DIRECTIONS:
Please find the lines in the following records that hold "antt", and copy them.

STUDY MATERIAL below:

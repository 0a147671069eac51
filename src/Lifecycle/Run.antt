-- ===== src/Lifecycle/Run.antt =====
-- `runUpdateWithApply` and its two wrappers: what holds when they return, and when they fail.
use maintmode.Base.{ℕ, ◌≡◌, refl, subst, ◌∙◌, inl, inr, Option, none, some, Bool-cases}
use maintmode.World.Errors.{Error, Result, ok, err}
use maintmode.World.Tables.{World}
use maintmode.World.Effect.{M, continue, ◌>>◌, pure}
use maintmode.Entity.Maint.{Maintenance}
use maintmode.Entity.Notify.{NotifyEventKind, maint_cancelled, is_step}
use maintmode.World.Effect.Invert.{bind_ok}
use maintmode.World.Effect.Call.{dispatch_event_ok}
use maintmode.World.Tx.{Ctx, background, tx, within_tx, within_serializable_tx}
use maintmode.World.Tx.Rollback.{within_tx_ok, within_tx_rollback}
use maintmode.World.Tx.Retry.{serializable_ok, serializable_rollback}
use maintmode.Lifecycle.Applied.{Applied, body_Applied}
use maintmode.Lifecycle.Apply.{
  Within, update_body, run_update_with_apply, dispatch_maint_lifecycle, dispatch_kind,
  cancel_ignored, notify_maint_lifecycle, maint_lifecycle_event,
}

-- What the two transactional wrappers have in common.
pub record IsTransaction (within : Within) : Type 0 where
  pub failed :
      (fn : Ctx → M (Maintenance × Maintenance)) (w : World) {e : Error} {v : World}
      → within fn w ≡ (err e, v)
      → v.db ≡ w.db
  pub returned :
      (fn : Ctx → M (Maintenance × Maintenance)) (w : World) {a : Maintenance × Maintenance}
      {v : World}
      → within fn w ≡ (ok a, v)
      → (before : World) × (after : World) × (before.db ≡ w.db)
        × (fn tx before ≡ (ok a, after))
        × (v.db ≡ after.db)

pub within_tx-IsTransaction : IsTransaction (within_tx background)
within_tx-IsTransaction = record {
  failed = λ fn w h. within_tx_rollback fn w h;
  returned = λ fn w h.
      (let done = within_tx_ok fn w h in
        (done.before, done.after, done.same_db, done.ran, done.kept_db));
}

pub serializable-IsTransaction : IsTransaction (within_serializable_tx background)
serializable-IsTransaction = record {
  failed = λ fn w h. serializable_rollback fn w h;
  returned = λ fn w h.
      (let (w₁, same, done) = serializable_ok fn w h in
        (done.before, done.after, done.same_db ∙ same, done.ran, done.kept_db));
}

notify_ok :
    (kind : NotifyEventKind) (m : Maintenance) (w : World)
    → (v : World) × (notify_maint_lifecycle kind m w ≡ (ok tt, v))
unfolding notify_maint_lifecycle
notify_ok kind m w = elim (Bool-cases (is_step kind)) [
  | inl yes_it ↦ rw yes_it (w, refl)
  | inr other ↦ rw other (dispatch_event_ok _ w)
]

dispatch_ok :
    (prev current : Maintenance) (w : World)
    → (v : World) × (dispatch_maint_lifecycle prev current w ≡ (ok tt, v))
unfolding dispatch_maint_lifecycle dispatch_kind cancel_ignored
dispatch_ok prev current w = kind_ok (maint_lifecycle_event prev.status current.status)
  where
    kind_ok : (k : Option NotifyEventKind) → (v : World) × (dispatch_kind k current w ≡ (ok tt, v))
    kind_ok none = (w, refl)
    kind_ok (some maint_cancelled) = notify_ok maint_cancelled current _
    kind_ok (some kind) = notify_ok kind current w

module _ (within : Within) (laws : IsTransaction within) (maint_id : ℕ)
    (apply : Ctx → Maintenance → M Maintenance) where
  abbrev RunOf : World → Result (Maintenance × Maintenance) × World → Type 0
  RunOf w (err e, v) = Unit
  RunOf w (ok (prev, current), v) =
      (u : World) × Applied maint_id apply w.db prev current u.db
      × (dispatch_maint_lifecycle prev current u ≡ (ok tt, v))

  -- An update that returns has stored what `apply` made of the row, and then told about it.
  pub run_ok :
      (w : World) {prev current : Maintenance} {v : World}
      → run_update_with_apply within maint_id apply w ≡ (ok (prev, current), v)
      → RunOf w (ok (prev, current), v)
  unfolding run_update_with_apply
  run_ok w h =
      let (both, u, inside, more) = bind_ok (within (update_body maint_id apply) w) _ h in
      let (_, u', sent, last) = bind_ok (dispatch_maint_lifecycle both.0 both.1 u) _ more in
      let (before, after, same, ran, kept) = laws.returned _ w inside in
      let done = body_Applied maint_id apply before ran in
      subst (RunOf w) last (u, rw (same, ← kept) at done, sent)

  -- An update that fails, at whatever point, leaves every table as it was.
  pub run_err :
      (w : World) {e : Error} {v : World}
      → run_update_with_apply within maint_id apply w ≡ (err e, v)
      → v.db ≡ w.db
  unfolding run_update_with_apply
  run_err w {e} {v} h = go (within (update_body maint_id apply) w) refl h
    where
      go :
          (r : Result (Maintenance × Maintenance) × World)
          → within (update_body maint_id apply) w ≡ r
          → continue r (λ both. dispatch_maint_lifecycle both.0 both.1 >> pure both) ≡ (err e, v)
          → v.db ≡ w.db
      go (err x, u) inside k = laws.failed _ w (inside ∙ k)
      go (ok both, u) inside k =
          let (u', sent) = dispatch_ok both.0 both.1 u in absurd (cc (k, sent))
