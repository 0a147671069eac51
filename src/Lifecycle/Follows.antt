-- ===== src/Lifecycle/Follows.antt =====
-- The operations that change the status move each maintenance along the table of transitions.
use maintmode.Base.{ℕ, ◌≡◌, refl, inl, inr, List, [], ◌∷◌, ◌++◌, Bool-cases}
use maintmode.World.Errors.{Error, Result, ok, err, is_skip_update}
use maintmode.World.Tables.{Db, World, Action}
use maintmode.World.Effect.{M, ◌>>=◌, publish_audit}
use maintmode.Entity.Maint.{Maintenance}
use maintmode.Store.Maintenances.{list_overdue_not_started}
use maintmode.World.Tx.{background, Ctx, within_tx}
use maintmode.Lifecycle.Run.{IsTransaction, within_tx-IsTransaction, run_ok, run_err}
use maintmode.Lifecycle.Apply.{Within, run_update_with_apply, update_with_apply}
use maintmode.Entity.Commands.{CancelMaintenanceCmd, CompleteMaintenanceCmd, StartMaintenanceCmd}
use maintmode.World.Respects.{Respects, Respects-publish_audit, Respects-bind}
use maintmode.Lifecycle.Transitions.{
  IsLifecycle, SameRows, Follows, stays, StatusPath-trans, SameRows-Follows, Applied-Follows,
}
use maintmode.Lifecycle.Cancel.{
  cancel_maint, cancel_maint_with, cancel_apply, after_cancel, sweep, sweep_one, joined,
  still_not_started, can_cancel, sweep_cmd, cancel_unstarted, swept,
}
use maintmode.Lifecycle.Complete.{complete_maint, complete_apply, after_complete}
use maintmode.Lifecycle.Moves.{
  start-IsLifecycle, cancel_maint-IsLifecycle, sweep-IsLifecycle, complete-IsLifecycle,
}
use maintmode.Lifecycle.Start.{start_maint, start_apply}
use maintmode.Lifecycle.Services.{keep_dispatch, keep_overdue}

module _ (id : ℕ) where
  pub Follows-refl : (d : Db) → Follows id d d
  Follows-refl d = stays

  pub Follows-trans : (a b c : Db) → Follows id a b → Follows id b c → Follows id a c
  Follows-trans a b c p q = StatusPath-trans p q

  pub from_rows {ℓ} : {A : Type ℓ} (m : M A) → Respects SameRows m → Respects (Follows id) m
  from_rows m k w = SameRows-Follows id w.db (m w).1.db (k w)

  pub follow_audit : (action : Action) → Respects (Follows id) (publish_audit action)
  follow_audit action = Respects-publish_audit (Follows id) Follows-refl Follows-trans action

  pub follow_bind {ℓ κ} :
      {A : Type ℓ} {B : Type κ} (m : M A) (f : A → M B)
      → Respects (Follows id) m
      → ((a : A) → Respects (Follows id) (f a))
      → Respects (Follows id) (m >>= f)
  follow_bind = Respects-bind (Follows id) Follows-refl Follows-trans

  pub run-Follows :
      (within : Within) (maint_id : ℕ) (apply : Ctx → Maintenance → M Maintenance)
      → IsTransaction within
      → IsLifecycle apply
      → Respects (Follows id) (run_update_with_apply within maint_id apply)
  run-Follows within maint_id apply laws moves w =
      go (run_update_with_apply within maint_id apply w) refl
    where
      go :
          (r : Result (Maintenance × Maintenance) × World)
          → run_update_with_apply within maint_id apply w ≡ r
          → Follows id w.db r.1.db
      go (err e, v) h = rw (run_err within laws maint_id apply w h) stays
      go (ok (prev, current), v) h =
          let (u, done, sent) = run_ok within laws maint_id apply w h in
          let stored = Applied-Follows id maint_id apply w.db u.db prev current moves done in
          let after : SameRows u.db v.db = rw sent at (keep_dispatch prev current u) in
          StatusPath-trans stored (SameRows-Follows id u.db v.db after)

  pub update-Follows :
      (maint_id : ℕ) (apply : Ctx → Maintenance → M Maintenance)
      → IsLifecycle apply
      → Respects (Follows id) (update_with_apply maint_id apply)
  unfolding update_with_apply
  update-Follows maint_id apply moves =
      run-Follows (within_tx background) maint_id apply within_tx-IsTransaction moves

  pub start-Follows : (cmd : StartMaintenanceCmd) → Respects (Follows id) (start_maint cmd)
  unfolding start_maint
  start-Follows cmd =
      follow_bind (update_with_apply cmd.maint_id start_apply) _
        (update-Follows cmd.maint_id start_apply start-IsLifecycle) (λ both. follow_audit _)

  follow_cancel :
      (cmd : CancelMaintenanceCmd) (can : Maintenance → M (Unit {0}))
      → IsLifecycle (cancel_apply cmd can)
      → Respects (Follows id) (cancel_maint_with cmd can)
  unfolding cancel_maint_with after_cancel
  follow_cancel cmd can moves w =
      go (update_with_apply cmd.maint_id (cancel_apply cmd can) w)
        (update-Follows cmd.maint_id (cancel_apply cmd can) moves w)
    where
      go :
          (r : Result (Maintenance × Maintenance) × World)
          → Follows id w.db r.1.db
          → Follows id w.db (after_cancel cmd r).1.db
      go (ok (prev, current), v) k = StatusPath-trans k (follow_audit _ v)
      go (err e, v) k = elim (Bool-cases (is_skip_update e)) [
        | inl skip ↦ rw skip k
        | inr other ↦ rw other k
      ]

  pub cancel-Follows : (cmd : CancelMaintenanceCmd) → Respects (Follows id) (cancel_maint cmd)
  unfolding cancel_maint
  cancel-Follows cmd = follow_cancel cmd can_cancel (cancel_maint-IsLifecycle cmd)

  pub complete-Follows : (cmd : CompleteMaintenanceCmd) → Respects (Follows id) (complete_maint cmd)
  unfolding complete_maint after_complete
  complete-Follows cmd w =
      go (update_with_apply cmd.maint_id complete_apply w)
        (update-Follows cmd.maint_id complete_apply complete-IsLifecycle w)
    where
      go :
          (r : Result (Maintenance × Maintenance) × World)
          → Follows id w.db r.1.db
          → Follows id w.db (after_complete cmd r).1.db
      go (ok (prev, current), v) k = StatusPath-trans k (follow_audit _ v)
      go (err e, v) k = elim (Bool-cases (is_skip_update e)) [
        | inl skip ↦ rw skip k
        | inr other ↦ rw other k
      ]

  joined-Follows :
      (rest : List Maintenance)
      → ((errs : List Error) (v : World) → Follows id v.db (sweep rest errs v).1.db)
      → (errs : List Error) (w : World) (r : Result (Unit {0}) × World) → Follows id w.db r.1.db
      → Follows id w.db (sweep rest (joined errs r).0 (joined errs r).1).1.db
  unfolding joined
  joined-Follows rest more errs w (ok _, v) k = StatusPath-trans k (more errs v)
  joined-Follows rest more errs w (err e, v) k = StatusPath-trans k (more (errs ++ e ∷ []) v)

  sweep_list-Follows :
      (overdue : List Maintenance) (errs : List Error) (w : World)
      → Follows id w.db (sweep overdue errs w).1.db
  unfolding sweep sweep_one
  sweep_list-Follows [] errs w = stays
  sweep_list-Follows (m ∷ rest) errs w =
      joined-Follows rest (λ errs' v. sweep_list-Follows rest errs' v) errs w (sweep_one m w)
        (follow_cancel (sweep_cmd m) still_not_started (sweep-IsLifecycle (sweep_cmd m)) w)

  pub sweep-Follows : (cutoff limit : ℕ) → Respects (Follows id) (cancel_unstarted cutoff limit)
  unfolding cancel_unstarted list_overdue_not_started swept
  sweep-Follows cutoff limit =
      follow_bind (list_overdue_not_started cutoff limit) (λ overdue w. swept (sweep overdue [] w))
        (from_rows (list_overdue_not_started cutoff limit) (keep_overdue cutoff limit))
        (λ overdue w. sweep_list-Follows overdue [] w)
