-- ===== src/Lifecycle/Creation.antt =====
-- A creation adds one draft, and touches no other maintenance (services/maint/create_draft.go).
use maintmode.World.Effect.{publish_audit, M, ◌>>=◌, ◌>>◌, call, pure, throw_if, modify}
use maintmode.Entity.Commands.{NotifyTargetInput, CreateMaintenanceCmd}
use maintmode.Base.{
  ℕ, suc, ◌≡◌, refl, inl, inr, not, none, some, List, [], ◌∷◌, ◌++◌, arith, ◌==◌, if◌then◌else◌,
  Bool-cases, Option-cases,
}
use maintmode.World.Tables.{MaintenanceRow, maint_created}
use maintmode.World.Tx.{tx, background, within_tx}
use maintmode.World.Errors.{validation, check_violation}
use maintmode.World.Respects.{Respects, Respects-within_tx}
use maintmode.Entity.Maint.{Maintenance, draft, normalize}
use maintmode.Store.Maintenances.{
  find_row, create_maint, row_check, to_db_maintenance, from_db_maintenance, with_maintenances,
}
use maintmode.Store.Children.{add_resources, add_mentions, create_many_targets}
use maintmode.Store.Steps.{add_steps}
use maintmode.Store.Deferred.{create_many_reminders}
use maintmode.Targets.{create_targets, resolve_notify_target}
use maintmode.Lifecycle.Create.{
  Rules, create_draft, create_body, create_children, validate_create, validate_approver, draft_of,
  steps_from_cmd, deferred_notifications_from_cmd, mentioned,
}
use maintmode.Lifecycle.Transitions.{StatusPath, stays, created, status_of, Follows, SameRows}
use maintmode.Lifecycle.Rows.{
  keep_bind, keep_call, keep_guard, keep_add_resources, keep_add_steps, keep_add_mentions,
  keep_create_many_targets, keep_create_many_reminders,
}
use maintmode.Lifecycle.Follows.{Follows-refl, Follows-trans, from_rows, follow_bind, follow_audit}
use maintmode.Lifecycle.Services.{keep_approver, keep_resolve}

find_row-append :
    (id : ℕ) (rows : List MaintenanceRow) (r s : MaintenanceRow)
    → find_row id rows ≡ some s
    → find_row id (rows ++ r ∷ []) ≡ some s
unfolding find_row
find_row-append id [] r s h = absurd (cc h)
find_row-append id (x ∷ rows) r s h = ground (arith, find_row-append id rows r s)

find_row-append_new :
    (id : ℕ) (rows : List MaintenanceRow) (r : MaintenanceRow)
    → find_row id rows ≡ none
    → find_row id (rows ++ r ∷ []) ≡ (if r.id == id then some r else none)
unfolding find_row
find_row-append_new id [] r h = refl
find_row-append_new id (x ∷ rows) r h = ground (arith, find_row-append_new id rows r)

-- A new row is a draft, and hides no other.
append-status :
    (id : ℕ) (rows : List MaintenanceRow) (r : MaintenanceRow)
    → r.status ≡ draft
    → StatusPath (status_of id rows) (status_of id (rows ++ r ∷ []))
unfolding status_of
append-status id rows r new = elim (Option-cases (find_row id rows)) [
  | inl absent ↦ elim (Bool-cases (r.id == id)) [
    | inl here_it ↦
        rw (status_of, absent, find_row-append_new id rows r absent, here_it, new) (created stays)
    | inr other ↦ rw (status_of, absent, find_row-append_new id rows r absent, other) stays
  ]
  | inr (s, found) ↦ rw (status_of, found, find_row-append id rows r s found) stays
]

module _ (id : ℕ) where
  -- The INSERT of a row that passed the CHECKs.
  insert_row : MaintenanceRow → M Maintenance
  insert_row row =
      call
      >> (throw_if (not (row_check row)) check_violation
          >> (modify (λ w. record w { db = with_maintenances (w.db.maintenances ++ row ∷ []) w.db })
              >> pure (from_db_maintenance row)))

  follow_insert :
      (row : MaintenanceRow) → row.status ≡ draft → Respects (Follows id) (insert_row row)
  unfolding insert_row
  follow_insert row new = follow_bind id call _ (from_rows id call keep_call) λ _.
      follow_bind id (throw_if (not (row_check row)) check_violation) _
        (from_rows id (throw_if (not (row_check row)) check_violation)
          (keep_guard (not (row_check row)) check_violation))
        λ _ w. append-status id w.db.maintenances row new

  follow_create_maint :
      (m : Maintenance) → m.status ≡ draft → Respects (Follows id) (create_maint m)
  unfolding create_maint insert_row to_db_maintenance
  follow_create_maint m new w =
      follow_insert (to_db_maintenance (record m { id = w.next_id; created_at = w.clock })) new
        (record w { next_id = suc w.next_id })

  keep_create_targets :
      (maint_id : ℕ) (inputs : List NotifyTargetInput)
      → Respects SameRows (create_targets maint_id inputs)
  unfolding create_targets
  keep_create_targets maint_id inputs =
      keep_bind (resolve_notify_target maint_id inputs) (create_many_targets maint_id)
        (keep_resolve maint_id inputs) (keep_create_many_targets maint_id)

  keep_children :
      (cmd : CreateMaintenanceCmd) (m : Maintenance) → Respects SameRows (create_children cmd m)
  unfolding create_children
  keep_children cmd m =
      keep_bind (add_resources m.id m.resources) _ (keep_add_resources m.id m.resources) λ _.
        keep_bind (add_steps m.id (steps_from_cmd cmd.steps)) _
          (keep_add_steps m.id (steps_from_cmd cmd.steps))
          λ steps.
            keep_bind (create_targets m.id cmd.notify_targets) _
              (keep_create_targets m.id cmd.notify_targets)
              λ targets.
                keep_bind
                  (create_many_reminders m.id
                    (deferred_notifications_from_cmd m.id cmd.deferred_notifications))
                  _
                  (keep_create_many_reminders m.id
                    (deferred_notifications_from_cmd m.id cmd.deferred_notifications))
                  λ deferred.
                    keep_bind (add_mentions m.id (mentioned cmd.mentions)) _
                      (keep_add_mentions m.id (mentioned cmd.mentions)) λ _ w. refl

  follow_body : (cmd : CreateMaintenanceCmd) → Respects (Follows id) (create_body cmd tx)
  unfolding create_body
  follow_body cmd =
      follow_bind id (create_maint (draft_of cmd))
        (λ (m : Maintenance).
          create_children cmd (normalize (record m { resources = cmd.resources })))
        (follow_create_maint (draft_of cmd) refl)
        (λ m.
          from_rows id (create_children cmd (normalize (record m { resources = cmd.resources })))
            (keep_children cmd (normalize (record m { resources = cmd.resources }))))

  after_checks : Rules → CreateMaintenanceCmd → ℕ → M Maintenance
  after_checks r cmd now =
      throw_if (not (validate_create r now cmd)) validation
      >> (validate_approver cmd.approver_user_id
          >> (within_tx background (create_body cmd) >>= λ maint.
              publish_audit (maint_created cmd.actor maint) >> pure maint))

  follow_checks :
      (r : Rules) (cmd : CreateMaintenanceCmd) (now : ℕ)
      → Respects (Follows id) (after_checks r cmd now)
  unfolding after_checks
  follow_checks r cmd now =
      follow_bind id (throw_if (not (validate_create r now cmd)) validation) _
        (from_rows id (throw_if (not (validate_create r now cmd)) validation)
          (keep_guard (not (validate_create r now cmd)) validation))
        λ _.
          follow_bind id (validate_approver cmd.approver_user_id) _
            (from_rows id (validate_approver cmd.approver_user_id)
              (keep_approver cmd.approver_user_id))
            λ _.
              follow_bind id (within_tx background (create_body cmd))
                (λ maint. publish_audit (maint_created cmd.actor maint) >> pure maint)
                (Respects-within_tx (Follows id) (Follows-refl id) (Follows-trans id)
                  (create_body cmd) (follow_body cmd))
                λ maint.
                  follow_bind id (publish_audit (maint_created cmd.actor maint)) _
                    (follow_audit id (maint_created cmd.actor maint)) λ _ w. stays

  pub create-Follows :
      (r : Rules) (cmd : CreateMaintenanceCmd) → Respects (Follows id) (create_draft r cmd)
  unfolding create_draft after_checks
  create-Follows r cmd w = follow_checks r cmd w.clock w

End of STUDY MATERIAL.

ANSWER TO THIS TASK:
filename src/Lifecycle/Run.antt
-- ===== src/Lifecycle/Run.antt =====
filename src/Lifecycle/Follows.antt
-- ===== src/Lifecycle/Follows.antt =====
-- ===== src/Lifecycle/Creation.antt =====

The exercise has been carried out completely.